Hi Moldie:This is interesting. Thanks for posting it.







JeanG


----------



## Mike NoLomotil (Jun 6, 2000)

Hi Moldie.In the text, did Dr. Ravicz make any references realtive to the discussion of nutrient malabsorption in FMS? I am "collecting" references on that (and many )subjects and would just like to know if one was made that I can go get and read.ThanksMNL_________________ www.leapallergy.com


----------



## moldie (Sep 25, 1999)

Mike, I had to take her book back to the library, but she did make a reference to Teitelbaum, and I do have his book. The emphasis seems to be on the connection between the suppression of the Hypothalmus gland which results in immune supression making one susceptible to bowel infections which cause decreased absorption of nutrients, leading to vitamin and mineral deficiencies. Perhaps you can e-mail Dr. Jacob Teitelbaum about this. He is on the web. Here are some references from his book that may or may not be helpful.
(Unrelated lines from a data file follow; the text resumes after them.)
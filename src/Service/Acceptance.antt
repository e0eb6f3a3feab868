-- ===== src/Service/Acceptance.antt =====
-- service.py: what an acceptance means, and that a proof has one verdict.
use auto_lean.Base.{
  ◌+◌, true, ◌↔◌, ◌≡◌, ◌≢◌, sym, ap, ◌∙◌, none, String, ok, arith, string_Eq, beq_refl, pair_Eq,
  nat_Eq, >>=-eq-ok, >>-eq-ok,
}
use auto_lean.Base.Int.{pos}
use auto_lean.Base.Lists.{is_empty}
use auto_lean.Json.{Codec}
use auto_lean.Leases.{Reading, Lease}
use auto_lean.Artifacts.{Files}
use auto_lean.Events.{StoredEvent, Idempotency, Db, Env}
use auto_lean.Events.Read.{current_sequence}
use auto_lean.Events.Log.Sequences.{current_sequence-put}
use auto_lean.Events.Log.History.{Reach}
use auto_lean.Events.Log.Versions.{Reach-version}
use auto_lean.Service.Binding.{TaskBinding, get_binding, binding_from_event, assert_lease}
use auto_lean.Service.Verification.{
  VerificationReport, VerificationOutcome, Gateway, verification_failures,
  validate_verification_binding,
}
use auto_lean.Service.Verdicts.{proof_event, check_report, start_verification, verify_submission}
use auto_lean.Service.Boundary.{passes_boundary, no_failures_iff}
use auto_lean.Service.Terms.{
  IsWithin, Binds, passes_boundary-IsWithin, validate_verification_binding-Binds,
}
use auto_lean.Service.Stored.{
  IsStored, IsLive, proof_event-IsStored, get_binding-IsStored, assert_lease-IsLive,
}
use auto_lean.Service.Recorded.{verify_submission-IsVerdict, IsVerdict-Effect, started-unrecorded}

module _ (c : Codec) (g : Gateway c) where
  -- Once a `verify_submission` whose key had no record returned a verdict on a proof, no later
  -- `verify_submission` on the same proof whose key has no record returns one, whoever calls it
  -- with whatever lease, report and attestation.
  pub proof_gets_one_verdict :
      (clock clock' : Reading) (env env' : Env) (bundle_id bundle_id' : String)
      (lease lease' : Lease) (report report' : VerificationReport) (key key' : String)
      (idempotency idempotency' : Idempotency) (db db' later last : Db c.Doc)
      (files files' files2 files3 : Files) (outcome outcome' : VerificationOutcome)
      → start_verification c g bundle_id lease report key db ≡ ok (idempotency, none)
      → verify_submission c g clock env bundle_id lease report key db files
        ≡ (ok (outcome, db'), files')
      → Reach c db' later
      → report'.proof_id ≡ report.proof_id
      → start_verification c g bundle_id' lease' report' key' later ≡ ok (idempotency', none)
      → verify_submission c g clock' env' bundle_id' lease' report' key' later files2
        ≢ (ok (outcome', last), files3)
  proof_gets_one_verdict clock clock' env env' bundle_id bundle_id' lease lease' report report' key
        key' idempotency idempotency' db db' later last files files' files2 files3 outcome outcome'
        started h after same started' again =
      let v =
        verify_submission-IsVerdict c g clock env bundle_id lease report key idempotency db db'
          files files' outcome started h in
      let e =
        IsVerdict-Effect c g clock env bundle_id lease report idempotency db db' outcome
          (started-unrecorded c g bundle_id lease report key idempotency db started) v in
      let w =
        verify_submission-IsVerdict c g clock' env' bundle_id' lease' report' key' idempotency'
          later last files2 files3 outcome' started' again in
      let f =
        IsVerdict-Effect c g clock' env' bundle_id' lease' report' idempotency' later last outcome'
          (started-unrecorded c g bundle_id' lease' report' key' idempotency' later started') w in
      let written : current_sequence c "verification" report.proof_id db'
          ≡ 1 + current_sequence c "verification" report.proof_id db =
        ground (
          arith,
          current_sequence-put c "verification" report.proof_id "verification" report.proof_id _ db
              db' e.versions,
          beq_refl {A = String} "verification",
          beq_refl report.proof_id,
        ) in
      let kept = Reach-version c "verification" report.proof_id after in
      let empty : pos 0 ≡ pos (current_sequence c "verification" report.proof_id later) =
        f.expected ∙ ap (λ id. pos (current_sequence c "verification" id later)) same in
      ground (arith, written, kept, empty)

  -- A `verify_submission` whose key had no record and that returned found the frozen task in the
  -- registration event of the bundle and the proof in a submission event of that proof's stream. At
  -- its clock the lease was for the bundle and its row was live with its holder and token. The
  -- report is for the task's contract, boundary, environment and axiom profile, and the submitted
  -- proof names the same contract and boundary. The command accepted the proof exactly if every
  -- check of the report passed, no sorryAx was observed, every observed axiom is allowed by the
  -- task, and none was observed under the strict profile.
  pub acceptance_iff_passes_boundary :
      (clock : Reading) (env : Env) (bundle_id : String) (lease : Lease)
      (report : VerificationReport) (key : String) (idempotency : Idempotency) (db db' : Db c.Doc)
      (files files' : Files) (outcome : VerificationOutcome)
      → start_verification c g bundle_id lease report key db ≡ ok (idempotency, none)
      → verify_submission c g clock env bundle_id lease report key db files
        ≡ (ok (outcome, db'), files')
      → (binding : TaskBinding) × (registered : StoredEvent) × (submitted : StoredEvent) × IsStored
          c "task" bundle_id "task.registered" registered db
        × (binding_from_event registered ≡ ok binding)
        × IsStored c "proof" report.proof_id "proof.submitted" submitted db
        × IsLive clock bundle_id lease db.leases
        × Binds binding report submitted
        × ((outcome.accepted ≡ true) ↔ IsWithin binding report)
  unfolding check_report assert_lease
  acceptance_iff_passes_boundary clock env bundle_id lease report key idempotency db db' files
        files' outcome started h =
      let v =
        verify_submission-IsVerdict c g clock env bundle_id lease report key idempotency db db'
          files files' outcome started h in
      let (binding, bound, h1) = >>=-eq-ok (get_binding c bundle_id db) _ v.checked in
      let (current, h2) = >>-eq-ok (assert_lease c clock bundle_id lease db) _ h1 in
      let (submitted, found, h3) = >>=-eq-ok (proof_event c report.proof_id db) _ h2 in
      let (valid, h4) = >>-eq-ok (validate_verification_binding binding report submitted) _ h3 in
      let (signed, _, h5) = >>=-eq-ok (g.verify_attestation binding report submitted lease) _ h4 in
      let reasons : verification_failures binding report ≡ outcome.reasons = ground (arith, h5) in
      let (registered, stored, is) = get_binding-IsStored c bundle_id db binding bound in
      let accepted : outcome.accepted ≡ passes_boundary binding report =
        v.verdict ∙ ap is_empty (sym reasons) ∙ no_failures_iff binding report in
      let terms = passes_boundary-IsWithin binding report in
      (
        binding,
        registered,
        submitted,
        stored,
        is,
        proof_event-IsStored c report.proof_id db submitted found,
        assert_lease-IsLive c clock bundle_id lease db current,
        validate_verification_binding-Binds binding report submitted valid,
        (λ yes. terms.0 (sym accepted ∙ yes), λ within. accepted ∙ terms.1 within),
      )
I have not reviewed them:R.K. Chandra, "Effect of Macro and Micro Nutrient Defieciencies and Excess on Immune Response," Food Technology, February 1985, pp. 91-93.S. Chandra, et al., "Undernutrition Impairs Immunity," Internal Medicine 5 (December 1984): 85-99.Demitrick, M.A., J. K. Dale, S. E. Strauss, L. Lave, S.J. Listwak, and M. J. Dreuss. "Evidence for Impaired Activation of the Hypothalmic-Pituitary-Adrenal Axis in Patients With Chronic Fatigue Syndrome." Journal Of Clincal Endocrinology and Metabolism 73 (1991): 1223-1234.


----------



## flux (Dec 13, 1998)

> quote:It is believed that CFIDS patients can't break down or use glucose efficiently, allowing it to build up and act as a toxin in the body and they are just beginning to study this aspect."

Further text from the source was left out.